Cool. Sounds too complicated? Let’s look at a concrete example: optimize a simplified Avellaneda & Stoikov’s market making strategy. The constants we’d like to optimize are the minimum spread and the maximum spread. They are called SPREAD_PROPORTION_MINIMUM and SPREAD_PROPORTION_MAXIMUM, respectively in that model. Assume we have 3 candidates: a. minimum spread = 0.001, maximum spread = 0.01, b. minimum spread = 0.002, maximum spread = 0.02, c. minimum spread = 0.003, maximum spread = 0.03. The frozen historical market dataset is coinbase’s btc-usd’s best bids/asks and trades from 2021–07–01T00:00:00Z to 2021–08–01T00:00:00Z. Quick download of historical data can be achieved by a script: https://github.com/crypto-chassis/ccapi/blob/v5.10.0/app/src/spot_market_making/config.env.example#L31.

python3 download_historical_market_data.py --exchange coinbase --base-asset btc --quote-asset usd --start-date 2021-07-01 --end-date 2021-08-01 --historical-market-data-directory <any-location-you-like>

Now let us draw sub-samples from it such that each sub-sample contains 2 day’s of data:

sub-sample-1: 2021–07–01T00:00:00Z to 2021–07–03T00:00:00Z
sub-sample-2: 2021–07–02T00:00:00Z to 2021–07–04T00:00:00Z
sub-sample-30: 2021–07–30T00:00:00Z to 2021–08–01T00:00:00Z

For constants candidate a, let us run our market making program’s executable spot_market_making using each sub-sample and record the corresponding final account balances. For 30 sub-samples, we get 30 such balances : $7786, $8725, …, $8565 (Here we have converted final BTC to USD using the mid price at the final moment). Their average value is $8658. This is the expected value of B for constants candidate a. Now repeat the same for the other two constants candidate. We get that the expected value of B for constants candidate b is $9737, and the expected value of B for constants candidate c is $9959. Because our criterion is maximization of the expected value of B, we’d select constants candidate c as the best one.

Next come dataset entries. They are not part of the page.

-- ===== src/Upload/PartInfo/Bounds.antt =====
-- api-put-object-common.go: the parts of `optimalPartInfo` and the bounds of S3.
use mefs_sdk_go.Prelude.{
  ℕ, suc, zero, ◌+◌, ◌-◌, ◌*◌, ◌/◌, ◌≤◌, ◌<◌, ◌≡◌, refl, ap, ◌∙◌, some, arith,
}
use native.Mathlib.Nat.{div-mul-le_self, lt-div-mul-add, lt_of_mul-lt-mul_right, div-eq_of_lt-le}
use native.Mathlib.Numerals.{sub-one}
use mefs_sdk_go.Upload.Constants.{
  abs_min_part_size, min_part_size, max_parts_count, max_part_size, max_multipart_put_object_size,
}
use mefs_sdk_go.Upload.PartInfo.{
  info, ceil_div, int64_exceeds, exceeds_int64, part_counts, configured_part_info,
  default_part_info, known_part_info, optimal_part_info,
}

-- The parts cover the object: all but the last have the part size, and the last is not empty and
-- no larger.
pub record Covers (object_size count part last : ℕ) : Type 0 where
  pub some_part : 0 < count
  pub total : (count - 1) * part + last ≡ object_size
  pub last_pos : 0 < last
  pub last_fits : last ≤ part

quotient_lem :
    (q a b : ℕ)
    → 0 < a
    → 0 < b
    → q * b ≤ a + (b - 1)
    → a + (b - 1) < q * b + b
    → (0 < q) × ((q - 1) * b < a) × (a ≤ q * b)
quotient_lem zero a b ha hb lo hi = absurd (omega arith)
quotient_lem (suc q) a b ha hb lo hi =
    let below : (suc q - 1) * b ≡ q * b = rw sub-one refl in
    (omega arith, omega (arith, below), omega arith)

-- ceil(a / b) counts the parts of size b that a needs.
pub ceil_div_lem :
    (a b : ℕ)
    → 0 < a
    → 0 < b
    → (0 < ceil_div a b) × ((ceil_div a b - 1) * b < a) × (a ≤ ceil_div a b * b)
ceil_div_lem a b ha hb =
    quotient_lem (ceil_div a b) a b ha hb (div-mul-le_self (a + (b - 1)) b)
      (lt-div-mul-add {a = a + (b - 1)} hb)

Covers-of_ceil :
    (a b q : ℕ) → (0 < q) × ((q - 1) * b < a) × (a ≤ q * b) → Covers a q b (a - (q - 1) * b)
Covers-of_ceil a b zero h = absurd (omega arith)
Covers-of_ceil a b (suc q) h = record {
  some_part = omega arith;
  total = omega arith;
  last_pos = omega arith;
  last_fits = let below : (suc q - 1) * b ≡ q * b = rw sub-one refl in omega (arith, below);
}

part_counts-Covers :
    (object_size part_size count part last : ℕ)
    → 0 < object_size
    → part_counts object_size part_size ≡ info count part last
    → Covers object_size count part last × (part ≡ part_size) × (0 < part_size)
unfolding part_counts
part_counts-Covers object_size zero count part last h e = cc
part_counts-Covers object_size (suc p) count part last h e = ground (
  arith,
  Covers-of_ceil object_size (suc p) (ceil_div object_size (suc p))
      (ceil_div_lem object_size (suc p) h (omega arith)),
)

-- A part size that the caller gives is taken exactly if S3 allows it and no more than 10000 parts
-- of it are needed.
configured_taken :
    (n c count part last : ℕ)
    → n ≤ max_multipart_put_object_size
    → configured_part_info n c ≡ info count part last
    → (abs_min_part_size ≤ c)
      × (c ≤ max_part_size)
      × (c ≤ n)
      × (n ≤ c * max_parts_count)
      × (part_counts n c ≡ info count part last)
unfolding configured_part_info int64_exceeds exceeds_int64
configured_taken n c count part last h e = ground arith

parts_bounded : (q b m : ℕ) → (q - 1) * b < b * m → q ≤ m
parts_bounded zero b m h = omega arith
parts_bounded (suc q) b m h =
    let below : (suc q - 1) * b ≡ q * b = rw sub-one refl in
    let less : q * b < m * b = omega (arith, below) in lt_of_mul-lt-mul_right b less

-- When `optimalPartInfo` answers for a part size that the caller gives and an object that is not
-- empty, the parts cover the object, there are at most 10000 of them, and each but the last has the
-- size given, which lies between 5 MiB and 5 GiB.
pub configured_part_info-Covers :
    (n c count part last : ℕ)
    → 0 < n
    → 0 < c
    → optimal_part_info (some n) c ≡ info count part last
    → Covers n count part last
      × (part ≡ c)
      × (count ≤ max_parts_count)
      × (abs_min_part_size ≤ c)
      × (c ≤ max_part_size)
unfolding optimal_part_info known_part_info
configured_part_info-Covers n c count part last hn hc e =
    let small : n ≤ max_multipart_put_object_size = ground arith in
    let taken : configured_part_info n c ≡ info count part last = ground arith in
    let (lo, hi, _, fits, counts) = configured_taken n c count part last small taken in
    let (covers, same, _) = part_counts-Covers n c count part last hn counts in
    (
      covers,
      same,
      parts_bounded count c max_parts_count (
          let total = covers.total in
          let last_pos = covers.last_pos in
          let total' : (count - 1) * c + last ≡ n = rw (← same) total in omega arith),
      lo,
      hi,
    )

-- The part size that the program chooses.
abbrev pub chosen : ℕ → ℕ
chosen n = ceil_div (n / max_parts_count) min_part_size * min_part_size

chosen_lem :
    (n : ℕ)
    → max_parts_count ≤ n
    → n ≤ max_multipart_put_object_size
    → (min_part_size ≤ chosen n)
      × (chosen n ≤ max_part_size)
      × (n < chosen n * max_parts_count + max_parts_count)
chosen_lem n lo hi = omega arith

part_counts_pos :
    (n p : ℕ) → 0 < p → part_counts n p ≡ info (ceil_div n p) p (n - (ceil_div n p - 1) * p)
unfolding part_counts
part_counts_pos n zero h = absurd (omega arith)
part_counts_pos n (suc p) h = ground arith

-- With the part size left open and an object of 10000 bytes to 5 TiB, `optimalPartInfo` answers:
-- the parts cover the object, the part size lies between 5 MiB and 5 GiB, and there are at most
-- 10001 parts.
pub default_part_info-Covers :
    (n : ℕ)
    → max_parts_count ≤ n
    → n ≤ max_multipart_put_object_size
    → (count : ℕ) × (part : ℕ) × (last : ℕ) × (optimal_part_info (some n) 0 ≡ info count part last)
      × Covers n count part last
      × (abs_min_part_size ≤ part)
      × (part ≤ max_part_size)
      × (count ≤ max_parts_count + 1)
unfolding optimal_part_info
default_part_info-Covers n lo hi =
    let p = chosen n in
    let q = ceil_div n p in
    let (above, below, near) = chosen_lem n lo hi in
    let counts = ceil_div_lem n p (omega arith) (omega arith) in
    let taken : known_part_info n 0 ≡ part_counts n p =
      unfold known_part_info default_part_info in ground arith in
    (
      q,
      p,
      n - (q - 1) * p,
      unfold known_part_info default_part_info in taken ∙ part_counts_pos n p (omega arith),
      Covers-of_ceil n p q counts,
      omega arith,
      below,
      parts_bounded q p (max_parts_count + 1) (omega arith),
    )

excess_parts : (b n r : ℕ) → n ≡ b * 10000 + r → 0 < r → r < b → ceil_div n b ≡ 10001
excess_parts b n r e pos small = div-eq_of_lt-le b (omega arith) (omega arith)

-- There are 10001 parts, one more than S3 allows, where the part size is left open and the object,
-- of at most 5 TiB, is larger than 10000 parts of k times 128 MiB by 1 to 9999 bytes, for a k of 1
-- or more.
pub default_part_info_excess :
    (k r : ℕ)
    → 0 < k
    → 0 < r
    → r < max_parts_count
    → k * (min_part_size * max_parts_count) + r ≤ max_multipart_put_object_size
    → optimal_part_info (some (k * (min_part_size * max_parts_count) + r)) 0
      ≡ info (max_parts_count + 1) (k * min_part_size) r
unfolding optimal_part_info
default_part_info_excess k r hk hr small hi =
    let n = k * (min_part_size * max_parts_count) + r in
    let part : chosen n ≡ k * min_part_size = omega arith in
    let taken : known_part_info n 0 ≡ part_counts n (chosen n) =
      unfold known_part_info default_part_info in ground arith in
    taken
    ∙ (ap (part_counts n) part
        ∙ (part_counts_pos n (k * min_part_size) (omega arith)
            ∙ rw (excess_parts (k * min_part_size) n r (omega arith) hr (omega arith))
                (ap (info 10001 (k * min_part_size)) (omega arith))))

Cool. Before completing this article, here are some interesting questions to think about:

  • What is the appropriate amount of historical data to use?
  • What might be other ways to create a random-variable dataset from the frozen historical dataset?
  • In those backtests, we used an initial BTC balance of 0 and an initial USD balance of 10000. What if we change those initial balances to some other values?
  • If the sub-samples are changed to contain 3 days of data rather than 2 days, does that change our selection on the best candidate?
  • If our optimization target is not the maximization of the expected value of B but rather the minimization of the standard deviation of B, what’s the consequence and interpretation of that? What other optimization targets can be used?
  • Grid search is exhaustive but very time-consuming. What other search algorithms can be used to accelerate the process of finding the best candidate?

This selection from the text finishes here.